Детство 2 (Панфилов) - страница 182

«Ох и несёт тебя, Егор Кузмич!», — думаю про себя, но остановиться не могу.

— Позвольте, — протиснулся вперёд распушивший бороду социолог и публицист Южаков. — Впервые сталкиваюсь с таким определением, как «Господская литература». То есть литература, по-вашему, делится на господскую…

— …и русскую, — рубанул я сплеча.

— Бывает, — поправился я, найдя глазами Антон Палыча, — и всехняя. Чехов, Гоголь… может ещё кто, но сходу не припомню.

— Получается, — осторожно осведомился Южаков, — что привилегированные классы в народных глазах не русские?

— Известно дело! — соглашаюсь с ним. — Господа!

— То есть получив образование, — в глазах Южакова зажёгся спорщицкий азарт и коварство, — и перейдя в некую условную касту господ, русский человек перестаёт быть русским?

— Когда как, — ой, несёт меня… — Бывает, што и остаётся русским. Бывает, што и перестаёт.

— И кем же он становится в народных глазах? — в глазах Южакова огонёк торжества.

— Вырусью!

— Однако! По законам Российской империи, — на меня наставляется назидательный палец, — русским считается всякий православный.

А мне в голову картинка такая – раз!

— Можно, — спрашиваю, — карандаш и бумагу? Наглядно проще.

Быстро отыскали. А народищу вокруг… меня ажно потряхивать начинает, но раз уж начал… — Считаться, — начал я отвечать, рисуя одновременно, — они могут кем угодно, а по факту – вот!

И рисунок хомяка в аквариуме, да с подписью.

«Пушок вырос в аквариуме, следовательно – он рыбка».

— Следуя такой логике!

Наговорил! Ан нет, нормально всё. То есть поспорили со мной вроде как на равных, поулыбались, но по словам дяди Гиляя, вернувшегося сильно заполночь, приняли меня за "Многообещающего молодого человека", простив горячность и логические огрехи.

С одной стороны – обидно. Я там…

С другой – облегчение. Пусть! Пусть как хотят воспринимают. Пока. У меня суд завтра, а весной ещё и экзамены за прогимназию сдавать. Благонадёжность и всё такое. Хотя бы до поры.


Тридцать девятая глава

Скинув на руки Саньке шапку и пальтецо, наскоро накидываю на белую рубаху застиранный фартук, и напяливаю картуз как можно ниже. Подхватив судки и дымящийся чайник с кипятком, проворачиваюсь вокруг себя.

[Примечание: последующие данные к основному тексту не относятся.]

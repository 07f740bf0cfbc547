-- ===== src/Lib.antt =====
-- A verification library for libotr-ng, the implementation of version 4 of Off-the-Record messaging.
--
-- The program. Two parties exchange data messages. The text and its records of type, length and value
-- form a plaintext (src/protocol.c, src/tlv.c, src/padding.c); the plaintext is encrypted and becomes the
-- body of a data message (src/data_message.c), whose fields, points and numbers are written by
-- src/serialize.c, src/mpi.c, src/dh.c and src/ed448.c and read by src/deserialize.c. The receiver takes the
-- records out of the plaintext (src/otrng.c) and gives those of the socialist millionaires' protocol to
-- its state machine (src/smp.c, src/smp_protocol.c). The keys of a data message come from the double
-- ratchet (src/key_management.c) over the hash of src/shake.c and the key exchanges of src/dh.c and
-- src/ed448.c: src/protocol.c sends with the key manager, and src/otrng.c receives with a temporary ratchet
-- that replaces the key manager's once the message is authentic. Before that, an interactive key exchange
-- of three messages (src/dake.c), which carry client profiles (src/client_profile.c) and ring signatures
-- (src/auth.c), gives both sides their keys: src/otrng.c answers each message by the state of the
-- conversation. Fragments live in linked lists (src/list.c).
--
-- The files.
--   Prelude, with Prelude/Tests, Lists and Partial: shared names, and lists and options over the native
--     numbers.
--   Crypto: libgoldilocks, libgcrypt, libsodium and libotr, which are not part of the repository. They
--     are records of operations, which the definitions take as parameters, and of documented laws, which
--     the theorems take as hypotheses. Samples: concrete values of these records for the tests.
--   Wire/Serialize and Wire/Deserialize: src/serialize.c and src/deserialize.c. A C function that writes at
--     a cursor is the list of the bytes it writes; one that reads gives the value and the count, or none.
--     The functions keep their names without the prefix otrng_. Wire/Keys: points, multi-precision
--     numbers and Diffie-Hellman numbers. Wire/PublicKeys: keys with their type. Wire/RoundTrip,
--     Wire/Phi and Wire/Keys/Laws: theorems.
--   Tlv: src/tlv.c, with theorems in Tlv/Parse. A list of records is a list, NULL is the empty list.
--   Plaintext: src/padding.c, the two functions of src/protocol.c that build the plaintext, and what
--     src/otrng.c does with a plaintext that was decrypted. Theorems in Plaintext/Layout and
--     Plaintext/RoundTrip.
--   DataMessage: src/data_message.c, with theorems in DataMessage/RoundTrip.
--   Memory and LinkedList: src/list.c on a heap of nodes with addresses. An access to memory that is not
--     allocated is a fault. Theorems in LinkedList/Segment, Append and Remove.
--   Smp: src/smp_protocol.c and src/smp.c. Smp/Hash: src/shake.c and the hashes to scalars. Smp/Messages: the
--     four messages. Smp/State: smp_protocol_s, and runs that can read through a null pointer.
--     Smp/Proofs: the functions that generate the messages and check the proofs; random scalars are
--     arguments. Smp/Machine: the handlers of the records. Smp/Session: starting and answering.
--     Theorems in Smp/Cases, Diagram, Safety, Ready, Reach, Complete, RoundTrip and
--     Session.
--   Kdf: the key derivation functions of src/shake.c. KeyExchange: src/dh.c and the key pairs of
--     src/ed448.c; the random bytes are arguments. KeyExchange/Agreement: the laws of both exchanges. Run:
--     results of functions that change an object, with the object that an error leaves.
--   KeyManager: src/key_management.c. KeyManager/State: the structures, their set-up and copying.
--     Hashes: the derivations. Ephemeral: the ephemeral keys. Ratchet: the Diffie-Hellman ratchet. Chain:
--     message keys and skipped keys. A function that branches on its argument action is two functions,
--     with the endings _s and _r. Theorems in Schedule, Skipped, Rotation, Agreement, Start and
--     Session; KeyManager/Window is what a receiving chain promises, without its keys.
--   Otrng: Otrng/Send is send_data_message of src/protocol.c, Otrng/Receive the part of
--     otrng_receive_data_message_after_dake of src/otrng.c that keys and opens a message. Theorems in
--     Delivery, Sequence, Exchange, Conversation and Forgery.
--   Ring: the ring signature of src/auth.c. Ring/Verify: completeness. Ring/Codec: the signature on the
--     wire.
--   Fragment: how src/fragment.c cuts a message, with the theorem in Fragment/Cut. snprintf of the C
--     library is a parameter with its documented widths as laws. Fragment/Expire: the expiry of fragment
--     contexts, on the linked list. Fragment/Assemble: otrng_unfragment_message, over a list of contexts;
--     sscanf is a parameter. Its theorem is in Fragment/Assemble/Whole.
--   Keys: src/keys.c, the signatures of src/ed448.c and which instance tags of src/instance_tag.c are valid.
--   ClientProfile: src/client_profile.c. ClientProfile itself writes a profile, ClientProfile/Read reads it,
--     Copy copies it, and Validity signs, builds and checks it. Theorems in RoundTrip, Checks, Signed and
--     Cached, over the lemmas of DsaKey, Fields, Sizes and Layout. Times are arguments.
--   PrekeyProfile: src/prekey_profile.c, with theorems in PrekeyProfile/RoundTrip and Signed.
--   Dake: src/dake.c. Dake itself has the third message, Dake/Messages and Dake/Read the others, Dake/Tag
--     what the ring signatures sign. Theorems in RoundTrip, Parts, Exchange and Transcript.
--   Otrng/Handshake: how src/otrng.c makes and checks the messages of the interactive key exchange.
--     Otrng/Handlers: its three handlers, with the conversation and the reply that they leave. Theorems
--     in Otrng/Authenticate and Otrng/States, over the lemmas of Otrng/Outcome.
--
-- Bounds and fuel. A w-bit number is a number below 2 ^ w where a theorem needs it, and wraps where the
-- source converts it. The loop over records has as much fuel as the input has bytes; each round takes
-- four. The loops over linked lists have a fuel argument, and the theorems hold as soon as it is the
-- length of the part of the list in question. The loop that stores skipped keys is counted down by the
-- difference of its bounds. Allocation never fails, since src/alloc.c ends the program
-- where memory is short. Sizes of buffers are taken to be far below SIZE_MAX.
--
-- Not modelled: freeing of memory except in src/list.c; wiping, except of the keys of the key manager; the
-- callbacks (the event is in the result or left out); base64; that the lists of skipped keys of the key
-- manager and of a temporary ratchet share their nodes; revealing the MAC keys of skipped messages; the
-- sending of a query, of tagged plaintext and of errors, the non-interactive key exchange and the handling
-- of records in src/otrng.c; fingerprints; prekey messages and the prekey server client; persistence; and
-- version 3. They are other components, to which this library does not extend yet, or input and output.
pub mod Prelude
pub mod Wire
pub mod Tlv
pub mod Plaintext
pub mod Crypto
mod Samples
pub mod Keys
pub mod ClientProfile
pub mod PrekeyProfile
pub mod Dake
pub mod DataMessage
pub mod Memory
pub mod LinkedList
pub mod Smp
pub mod Fragment
pub mod Kdf
pub mod Run
pub mod KeyExchange
pub mod KeyManager
pub mod Otrng
pub mod Ring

— Как есть, мальчик из трактира! — одобрительно кивает дружок, показывая большой палец. — Ну, давай!

Участие в самонастоящей почти политике даёт обоим такой кураж, што ого! Азарт! И на благое дело, опять же. Не дуриком за ради форсу!

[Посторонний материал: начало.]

-- ===== src/Crypto.antt =====
-- The third-party libraries that the sources call: libgoldilocks for the Ed448 curve and the hash,
-- libgcrypt for multi-precision integers, libsodium, libotr. They are parameters of the model.
use libotrv.Prelude.{ℕ, ◌+◌, ◌≡◌, Bool, true, Option, some, List, length, Bytes}

-- `goldilocks_448_point_p`, `goldilocks_448_scalar_p` and the calls on them that src/ed448.c makes.
pub record Goldilocks : Type 1 where
  pub Point : Type 0
  pub Scalar : Type 0
  -- goldilocks_448_point_mul_by_ratio_and_encode_like_eddsa
  pub encode : Point → Bytes
  -- goldilocks_448_point_decode_like_eddsa_and_mul_by_ratio
  pub decode : Bytes → Option Point
  pub scalar_one : Scalar
  pub scalar_halve : Scalar → Scalar
  pub scalarmul : Point → Scalar → Point
  pub point_base : Point
  pub point_add : Point → Point → Point
  pub point_sub : Point → Point → Point
  pub point_eq : Point → Point → Bool
  pub point_valid : Point → Bool
  pub scalar_add : Scalar → Scalar → Scalar
  pub scalar_mul : Scalar → Scalar → Scalar
  pub scalar_sub : Scalar → Scalar → Scalar
  pub scalar_eq : Scalar → Scalar → Bool
  pub scalar_encode : Scalar → Bytes
  -- goldilocks_448_scalar_decode_long
  pub scalar_decode : Bytes → Scalar
  -- goldilocks_ed448_derive_secret_scalar and goldilocks_ed448_derive_public_key
  pub derive_secret_scalar : Bytes → Scalar
  pub derive_public_key : Bytes → Bytes
  -- What goldilocks_448_point_destroy and goldilocks_448_scalar_destroy leave.
  pub point_destroyed : Point
  pub scalar_destroyed : Scalar

-- What the library documents of its encoding: 57 bytes, which decode to a multiple of the point by
-- the cofactor 4.
pub record GoldilocksLaws (g : Goldilocks) : Type 0 where
  pub length-encode : (p : g.Point) → length (g.encode p) ≡ 57
  pub decode-encode :
      (p : g.Point)
      → (q : g.Point) × (g.decode (g.encode p) ≡ some q)
        × (g.scalarmul q (g.scalar_halve (g.scalar_halve g.scalar_one)) ≡ p)
  pub length-scalar_encode : (s : g.Scalar) → length (g.scalar_encode s) ≡ 56
  pub decode-scalar_encode : (s : g.Scalar) → g.scalar_decode (g.scalar_encode s) ≡ s

-- The SHAKE-256 context of libgoldilocks, which the sources call hash_init, hash_update, hash_final.
pub record Shake : Type 1 where
  pub Context : Type 0
  pub init : Context
  -- `none` is GOLDILOCKS_FAILURE.
  pub update : Context → Bytes → Option Context
  pub final : Context → ℕ → Bytes

-- `gcry_mpi_t` that is not null, in the format GCRYMPI_FMT_USG.
pub record Gcrypt : Type 1 where
  pub Mpi : Type 0
  -- The bytes that gcry_mpi_print writes where the buffer has room for them.
  pub print : Mpi → Bytes
  -- gcry_mpi_scan: the number and how many bytes it took.
  pub scan : Bytes → Option (Mpi × ℕ)
  -- gcry_mpi_set_ui(m, 0)
  pub zero_mpi : Mpi
  -- gcry_mpi_powm: the base, the exponent and the modulus.
  pub powm : Mpi → Mpi → Mpi → Mpi
  -- gcry_mpi_cmp(a, b) > 0
  pub greater : Mpi → Mpi → Bool
  -- gcry_mpi_cmp_ui(a, n) < 0
  pub less_ui : Mpi → ℕ → Bool
  -- What gcry_mpi_scan makes of the constants DH3072_MODULUS_S and DH3072_GENERATOR_S of src/dh.c,
  -- and gcry_mpi_sub_ui of the modulus and 2.
  pub modulus : Mpi
  pub generator : Mpi
  pub modulus_minus_2 : Mpi

-- A number that was printed is scanned again, and all its bytes are used.
pub record GcryptLaws (c : Gcrypt) : Type 0 where
  pub scan-print : (m : c.Mpi) → c.scan (c.print m) ≡ some (m, length (c.print m))

-- libsodium.
pub record Sodium : Type 0 where
  -- sodium_memcmp of two buffers of the same length, 0
  pub equal : Bytes → Bytes → Bool
  -- crypto_stream_xor: the message, the nonce and the key.
  pub stream_xor : Bytes → Bytes → Bytes → Option Bytes

-- Equal buffers compare equal; a stream added twice gives the message back, and keeps its length.
pub record SodiumLaws (d : Sodium) : Type 0 where
  pub equal-self : (b : Bytes) → d.equal b b ≡ true
  pub stream_xor-stream_xor :
      (b nonce key e : Bytes)
      → d.stream_xor b nonce key ≡ some e
      → d.stream_xor e nonce key ≡ some b
  pub length-stream_xor :
      (b nonce key e : Bytes) → d.stream_xor b nonce key ≡ some e → length e ≡ length b

-- The signatures of libgoldilocks, without context: goldilocks_ed448_sign of the symmetric key, the
-- public key and the message, and goldilocks_ed448_verify of the signature, the public key and the
-- message.
pub record Eddsa : Type 0 where
  pub sign : Bytes → Bytes → Bytes → Bytes
  pub verify : Bytes → Bytes → Bytes → Bool

-- A signature has 114 bytes and verifies with the public key. The public key of a symmetric key
-- decodes, and the point, which is in the subgroup, is encoded as it was.
pub record EddsaLaws (g : Goldilocks) (e : Eddsa) : Type 0 where
  pub length-sign : (sym public msg : Bytes) → length (e.sign sym public msg) ≡ 114
  pub verify-sign :
      (sym msg : Bytes)
      → e.verify (e.sign sym (g.derive_public_key sym) msg) (g.derive_public_key sym) msg ≡ true
  pub decode-derive_public_key :
      (sym : Bytes)
      → (q : g.Point) × (g.decode (g.derive_public_key sym) ≡ some q)
        × (g.encode (g.scalarmul q (g.scalar_halve (g.scalar_halve g.scalar_one)))
            ≡ g.derive_public_key sym)

-- The keys of version 3, of libotr, with their numbers in libgcrypt.
pub record Libotr (c : Gcrypt) : Type 1 where
  pub Sexp : Type 0
  -- gcry_sexp_build with DSA_PUBKEY_SEXP, of the four numbers.
  pub sexp_build : List (Option c.Mpi) → Option Sexp
  -- otrl_privkey_verify, where no error is true.
  pub privkey_verify : Bytes → Sexp → Bytes → Bool
  -- `OtrlPrivKey`, its fields pubkey_type and pubkey_data, and otrl_privkey_sign.
  pub PrivKey : Type 0
  pub pubkey_type : PrivKey → ℕ
  pub pubkey_data : PrivKey → Bytes
  pub privkey_sign : PrivKey → Bytes → Option Bytes

-- ED448_POINT_BYTES, ED448_SCALAR_BYTES, DH3072_MOD_LEN_BYTES and DH_MPI_MAX_BYTES.
abbrev pub point_bytes : ℕ
point_bytes = 57

abbrev pub scalar_bytes : ℕ
scalar_bytes = 56

abbrev pub mod_len_bytes : ℕ
mod_len_bytes = 384

abbrev pub dh_mpi_max_bytes : ℕ
dh_mpi_max_bytes = 4 + mod_len_bytes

В меблирашку забежал, как так и надо. Таких вот мальчиков из близлежащих трактиров – тьма! Больше только тараканов под ногами прохрустело. От входа пахнуло гнилой и прокисшей капустой, трухлявым деревом, клопами и застоявшимися перегаром, дешёвой водкой и протухлой ливерной колбасой, пропитавшей само нутро дешёвых меблирашек.